• TASK DESCRIPTION
Type out the data below in its entirety, exactly as given.

• RECORDS SHOWN
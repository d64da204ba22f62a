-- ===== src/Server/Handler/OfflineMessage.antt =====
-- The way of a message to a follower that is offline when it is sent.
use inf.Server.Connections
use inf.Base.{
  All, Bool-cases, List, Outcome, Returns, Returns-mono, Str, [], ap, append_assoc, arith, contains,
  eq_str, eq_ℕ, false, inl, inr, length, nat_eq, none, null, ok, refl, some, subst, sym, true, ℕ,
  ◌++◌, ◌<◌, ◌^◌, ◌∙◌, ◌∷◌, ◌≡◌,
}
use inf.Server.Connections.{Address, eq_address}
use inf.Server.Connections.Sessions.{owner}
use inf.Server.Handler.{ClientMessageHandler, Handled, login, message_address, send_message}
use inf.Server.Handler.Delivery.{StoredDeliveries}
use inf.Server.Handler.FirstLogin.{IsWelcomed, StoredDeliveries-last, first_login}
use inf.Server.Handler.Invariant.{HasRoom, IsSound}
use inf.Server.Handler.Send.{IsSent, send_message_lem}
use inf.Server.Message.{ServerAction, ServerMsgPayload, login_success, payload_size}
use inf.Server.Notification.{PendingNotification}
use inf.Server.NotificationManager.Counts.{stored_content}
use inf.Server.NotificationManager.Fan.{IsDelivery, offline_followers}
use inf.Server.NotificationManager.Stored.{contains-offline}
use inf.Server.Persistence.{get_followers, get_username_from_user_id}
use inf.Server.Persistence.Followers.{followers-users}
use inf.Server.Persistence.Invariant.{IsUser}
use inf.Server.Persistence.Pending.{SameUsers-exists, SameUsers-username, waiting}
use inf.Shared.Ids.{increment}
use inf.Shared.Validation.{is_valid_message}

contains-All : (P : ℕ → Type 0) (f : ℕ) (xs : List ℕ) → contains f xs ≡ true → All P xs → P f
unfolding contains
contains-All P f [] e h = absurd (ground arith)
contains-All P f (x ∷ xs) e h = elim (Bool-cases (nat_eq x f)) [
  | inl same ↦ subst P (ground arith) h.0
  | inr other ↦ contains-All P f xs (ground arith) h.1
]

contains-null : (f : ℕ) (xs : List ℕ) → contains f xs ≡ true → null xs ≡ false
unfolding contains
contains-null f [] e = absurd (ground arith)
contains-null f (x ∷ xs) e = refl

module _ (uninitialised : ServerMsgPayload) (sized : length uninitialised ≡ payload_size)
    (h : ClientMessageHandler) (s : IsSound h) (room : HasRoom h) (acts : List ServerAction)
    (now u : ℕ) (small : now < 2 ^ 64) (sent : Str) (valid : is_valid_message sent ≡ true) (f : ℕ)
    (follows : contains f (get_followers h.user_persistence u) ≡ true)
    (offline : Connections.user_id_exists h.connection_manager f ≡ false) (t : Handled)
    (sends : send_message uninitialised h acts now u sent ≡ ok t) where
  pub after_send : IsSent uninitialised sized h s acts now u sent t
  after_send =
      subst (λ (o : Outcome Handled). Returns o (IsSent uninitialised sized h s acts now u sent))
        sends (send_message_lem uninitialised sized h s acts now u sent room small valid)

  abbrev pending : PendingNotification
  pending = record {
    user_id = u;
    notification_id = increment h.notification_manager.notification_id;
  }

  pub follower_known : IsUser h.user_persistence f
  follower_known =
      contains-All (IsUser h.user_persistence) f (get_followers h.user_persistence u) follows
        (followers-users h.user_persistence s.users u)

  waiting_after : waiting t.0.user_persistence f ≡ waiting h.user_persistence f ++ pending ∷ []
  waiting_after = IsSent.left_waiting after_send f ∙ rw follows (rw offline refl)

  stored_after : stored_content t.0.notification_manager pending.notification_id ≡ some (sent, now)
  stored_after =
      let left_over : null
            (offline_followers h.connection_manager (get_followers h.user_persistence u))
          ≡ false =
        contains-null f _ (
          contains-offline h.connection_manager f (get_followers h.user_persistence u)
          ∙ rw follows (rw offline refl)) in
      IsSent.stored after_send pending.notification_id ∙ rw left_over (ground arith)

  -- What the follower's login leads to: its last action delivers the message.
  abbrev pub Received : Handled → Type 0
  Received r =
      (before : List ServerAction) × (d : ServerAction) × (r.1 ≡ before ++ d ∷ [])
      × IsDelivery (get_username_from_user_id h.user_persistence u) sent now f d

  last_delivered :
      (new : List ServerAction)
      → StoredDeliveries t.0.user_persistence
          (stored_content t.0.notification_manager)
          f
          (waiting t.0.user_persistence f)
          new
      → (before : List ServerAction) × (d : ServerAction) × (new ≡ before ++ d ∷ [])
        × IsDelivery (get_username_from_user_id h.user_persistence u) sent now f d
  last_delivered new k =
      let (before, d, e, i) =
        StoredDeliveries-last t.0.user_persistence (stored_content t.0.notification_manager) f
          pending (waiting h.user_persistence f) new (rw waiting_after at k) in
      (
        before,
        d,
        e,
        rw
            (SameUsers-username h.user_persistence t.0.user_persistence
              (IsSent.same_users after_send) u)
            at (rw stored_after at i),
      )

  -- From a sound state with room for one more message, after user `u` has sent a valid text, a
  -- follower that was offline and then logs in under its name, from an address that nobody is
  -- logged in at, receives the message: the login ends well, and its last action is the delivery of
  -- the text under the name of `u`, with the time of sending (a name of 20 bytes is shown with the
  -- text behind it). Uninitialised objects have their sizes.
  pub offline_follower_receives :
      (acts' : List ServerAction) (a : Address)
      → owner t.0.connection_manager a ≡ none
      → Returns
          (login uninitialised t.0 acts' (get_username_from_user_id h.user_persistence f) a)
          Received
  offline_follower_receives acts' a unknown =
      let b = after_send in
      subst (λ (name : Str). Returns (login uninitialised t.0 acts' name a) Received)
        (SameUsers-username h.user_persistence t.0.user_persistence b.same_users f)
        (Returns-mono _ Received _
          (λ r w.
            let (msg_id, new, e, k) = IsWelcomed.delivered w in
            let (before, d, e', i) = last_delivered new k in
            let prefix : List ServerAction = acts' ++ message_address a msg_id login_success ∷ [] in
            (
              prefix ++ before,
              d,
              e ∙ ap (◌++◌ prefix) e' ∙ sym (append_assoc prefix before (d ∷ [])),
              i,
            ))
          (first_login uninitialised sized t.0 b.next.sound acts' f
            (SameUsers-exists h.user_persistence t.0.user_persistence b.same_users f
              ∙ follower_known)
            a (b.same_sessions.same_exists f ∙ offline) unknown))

• ANSWER BOX
repository d64da204ba22f62a
-- ===== src/Server/Handler/OfflineMessage.antt =====
-- The way of a message to a follower that is offline when it is sent.
use inf.Server.Connections
use inf.Base.{
  All, Bool-cases, List, Outcome, Returns, Returns-mono, Str, [], ap, append_assoc, arith, contains,
  eq_str, eq_ℕ, false, inl, inr, length, nat_eq, none, null, ok, refl, some, subst, sym, true, ℕ,
  ◌++◌, ◌<◌, ◌^◌, ◌∙◌, ◌∷◌, ◌≡◌,
}
use inf.Server.Connections.{Address, eq_address}
use inf.Server.Connections.Sessions.{owner}
use inf.Server.Handler.{ClientMessageHandler, Handled, login, message_address, send_message}
use inf.Server.Handler.Delivery.{StoredDeliveries}
use inf.Server.Handler.FirstLogin.{IsWelcomed, StoredDeliveries-last, first_login}
use inf.Server.Handler.Invariant.{HasRoom, IsSound}
use inf.Server.Handler.Send.{IsSent, send_message_lem}
use inf.Server.Message.{ServerAction, ServerMsgPayload, login_success, payload_size}
use inf.Server.Notification.{PendingNotification}
use inf.Server.NotificationManager.Counts.{stored_content}
use inf.Server.NotificationManager.Fan.{IsDelivery, offline_followers}
use inf.Server.NotificationManager.Stored.{contains-offline}
use inf.Server.Persistence.{get_followers, get_username_from_user_id}
use inf.Server.Persistence.Followers.{followers-users}
use inf.Server.Persistence.Invariant.{IsUser}
use inf.Server.Persistence.Pending.{SameUsers-exists, SameUsers-username, waiting}
use inf.Shared.Ids.{increment}
use inf.Shared.Validation.{is_valid_message}

contains-All : (P : ℕ → Type 0) (f : ℕ) (xs : List ℕ) → contains f xs ≡ true → All P xs → P f
unfolding contains
contains-All P f [] e h = absurd (ground arith)
contains-All P f (x ∷ xs) e h = elim (Bool-cases (nat_eq x f)) [
  | inl same ↦ subst P (ground arith) h.0
  | inr other ↦ contains-All P f xs (ground arith) h.1
]

contains-null : (f : ℕ) (xs : List ℕ) → contains f xs ≡ true → null xs ≡ false
unfolding contains
contains-null f [] e = absurd (ground arith)
contains-null f (x ∷ xs) e = refl

module _ (uninitialised : ServerMsgPayload) (sized : length uninitialised ≡ payload_size)
    (h : ClientMessageHandler) (s : IsSound h) (room : HasRoom h) (acts : List ServerAction)
    (now u : ℕ) (small : now < 2 ^ 64) (sent : Str) (valid : is_valid_message sent ≡ true) (f : ℕ)
    (follows : contains f (get_followers h.user_persistence u) ≡ true)
    (offline : Connections.user_id_exists h.connection_manager f ≡ false) (t : Handled)
    (sends : send_message uninitialised h acts now u sent ≡ ok t) where
  pub after_send : IsSent uninitialised sized h s acts now u sent t
  after_send =
      subst (λ (o : Outcome Handled). Returns o (IsSent uninitialised sized h s acts now u sent))
        sends (send_message_lem uninitialised sized h s acts now u sent room small valid)

  abbrev pending : PendingNotification
  pending = record {
    user_id = u;
    notification_id = increment h.notification_manager.notification_id;
  }

  pub follower_known : IsUser h.user_persistence f
  follower_known =
      contains-All (IsUser h.user_persistence) f (get_followers h.user_persistence u) follows
        (followers-users h.user_persistence s.users u)

  waiting_after : waiting t.0.user_persistence f ≡ waiting h.user_persistence f ++ pending ∷ []
  waiting_after = IsSent.left_waiting after_send f ∙ rw follows (rw offline refl)

  stored_after : stored_content t.0.notification_manager pending.notification_id ≡ some (sent, now)
  stored_after =
      let left_over : null
            (offline_followers h.connection_manager (get_followers h.user_persistence u))
          ≡ false =
        contains-null f _ (
          contains-offline h.connection_manager f (get_followers h.user_persistence u)
          ∙ rw follows (rw offline refl)) in
      IsSent.stored after_send pending.notification_id ∙ rw left_over (ground arith)

  -- What the follower's login leads to: its last action delivers the message.
  abbrev pub Received : Handled → Type 0
  Received r =
      (before : List ServerAction) × (d : ServerAction) × (r.1 ≡ before ++ d ∷ [])
      × IsDelivery (get_username_from_user_id h.user_persistence u) sent now f d

  last_delivered :
      (new : List ServerAction)
      → StoredDeliveries t.0.user_persistence
          (stored_content t.0.notification_manager)
          f
          (waiting t.0.user_persistence f)
          new
      → (before : List ServerAction) × (d : ServerAction) × (new ≡ before ++ d ∷ [])
        × IsDelivery (get_username_from_user_id h.user_persistence u) sent now f d
  last_delivered new k =
      let (before, d, e, i) =
        StoredDeliveries-last t.0.user_persistence (stored_content t.0.notification_manager) f
          pending (waiting h.user_persistence f) new (rw waiting_after at k) in
      (
        before,
        d,
        e,
        rw
            (SameUsers-username h.user_persistence t.0.user_persistence
              (IsSent.same_users after_send) u)
            at (rw stored_after at i),
      )

  -- From a sound state with room for one more message, after user `u` has sent a valid text, a
  -- follower that was offline and then logs in under its name, from an address that nobody is
  -- logged in at, receives the message: the login ends well, and its last action is the delivery of
  -- the text under the name of `u`, with the time of sending (a name of 20 bytes is shown with the
  -- text behind it). Uninitialised objects have their sizes.
  pub offline_follower_receives :
      (acts' : List ServerAction) (a : Address)
      → owner t.0.connection_manager a ≡ none
      → Returns
          (login uninitialised t.0 acts' (get_username_from_user_id h.user_persistence f) a)
          Received
  offline_follower_receives acts' a unknown =
      let b = after_send in
      subst (λ (name : Str). Returns (login uninitialised t.0 acts' name a) Received)
        (SameUsers-username h.user_persistence t.0.user_persistence b.same_users f)
        (Returns-mono _ Received _
          (λ r w.
            let (msg_id, new, e, k) = IsWelcomed.delivered w in
            let (before, d, e', i) = last_delivered new k in
            let prefix : List ServerAction = acts' ++ message_address a msg_id login_success ∷ [] in
            (
              prefix ++ before,
              d,
              e ∙ ap (◌++◌ prefix) e' ∙ sym (append_assoc prefix before (d ∷ [])),
              i,
            ))
          (first_login uninitialised sized t.0 b.next.sound acts' f
            (SameUsers-exists h.user_persistence t.0.user_persistence b.same_users f
              ∙ follower_known)
            a (b.same_sessions.same_exists f ∙ offline) unknown))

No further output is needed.